Stored data:
--- START ---

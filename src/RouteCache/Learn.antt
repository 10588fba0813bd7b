-- ===== src/RouteCache/Learn.antt =====
-- firmware_core/route_cache.c: the routes that received frames teach.
use rivr.Common.{ℕ, inl, inr, true, false, not, some, arith, Bool-cases, length, IsU32}
use rivr.Common.{u8, ℤ, clamp_add, ◌+◌, ◌≤◌, ◌<◌, ◌≡◌, ◌≢◌, ◌⊎◌, ◌&&◌, ◌==◌}
use rivr.Common.{if◌then◌else◌}
use rivr.Metrics.{Metrics}
use rivr.RouteCache.{Entry, Cache, Route, lookup, update}
use rivr.RouteCache.Lookup.{lookup-update}

-- RCACHE_FLAG_VALID | RCACHE_FLAG_DIRECT
abbrev pub flags_direct : ℕ
flags_direct = 5

-- `link_to_metric`
unfoldable pub link_to_metric : ℤ → ℤ → ℕ
link_to_metric rssi_dbm snr_db = u8 (clamp_add rssi_dbm 140 80 + clamp_add snr_db 10 20)

-- `route_cache_learn_rx`
unfoldable pub learn_rx : Cache → Metrics → ℕ → ℕ → ℕ → ℤ → ℤ → ℕ → Cache × Metrics
learn_rx cache m src_id from_id hop_count rssi_dbm snr_db now_ms =
    let metric = link_to_metric rssi_dbm snr_db in
    let direct =
      update cache m
        (record {
          dst_id = src_id;
          next_hop = src_id;
          hop_count = 1;
          metric = metric;
          flags = flags_direct;
        })
        now_ms in
    let relayed =
      update cache m
        (record {
          dst_id = src_id;
          next_hop = from_id;
          hop_count = u8 (hop_count + 1);
          metric = metric;
          flags = 1;
        })
        now_ms in
    if src_id == 0
    then (cache, m)
    else if hop_count == 0
    then direct
    else if not (from_id == 0) && not (from_id == src_id)
    then relayed
    else (cache, m)

-- The metric of a link is at most 100.
link_to_metric-le : (rssi snr : ℤ) → link_to_metric rssi snr ≤ 100
unfolding link_to_metric
link_to_metric-le rssi snr = ground arith

-- After a frame from a source other than 0 that came directly, or by a known relay that is not the
-- source, a lookup finds a route to the source: confirmed just now and with at most one hop more
-- than the frame had made. The eviction cursor points into the table, the frame has made fewer than
-- 255 hops and the clock fits its type.
pub learn_rx-lookup :
    (cache : Cache) (m m' : Metrics) (src from hops : ℕ) (rssi snr : ℤ) (now : ℕ)
    → 0 < src
    → 0 < from
    → (hops ≡ 0) ⊎ (from ≢ src)
    → hops < 255
    → IsU32 now
    → cache.evict_hand < length cache.entries
    → (e : Entry) × ((lookup (learn_rx cache m src from hops rssi snr now).0 m' src now).2 ≡ some e)
      × (e.dst_id ≡ src)
      × (e.last_seen_ms ≡ now)
      × (e.hop_count ≤ hops + 1)
unfolding learn_rx
learn_rx-lookup cache m m' src from hops rssi snr now hs hf way hh hn hc =
    elim (Bool-cases (hops == 0)) [
      | inl direct ↦
          let r : Route = record {
            dst_id = src;
            next_hop = src;
            hop_count = 1;
            metric = metric;
            flags = flags_direct;
          } in
          let (e, there, dest, seen, few) =
            lookup-update cache m m' r now hs hs (omega arith) hn hc in
          rw (sent, direct, learn_rx) (e, there, dest, seen, omega (arith, few))
      | inr relayed ↦
          let r : Route = record {
            dst_id = src;
            next_hop = from;
            hop_count = u8 (hops + 1);
            metric = metric;
            flags = 1;
          } in
          let (e, there, dest, seen, few) =
            lookup-update cache m m' r now hs hf (omega arith) hn hc in
          let known : (not (from == 0) && not (from == src)) ≡ true =
            ground (arith, relayed, way) in
          rw (sent, relayed, known, learn_rx) (e, there, dest, seen, omega (arith, few))
    ]
  where
    metric : ℕ
    metric = link_to_metric rssi snr

    sent : (src == 0) ≡ false
    sent = ground arith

--- END ---

:: WHAT THE TASK ASKS ::
The string "relayed" may appear in the entries. Say how many lines contain it, as a bare number.

:: SOLUTION FOR THIS PROBLEM ::
5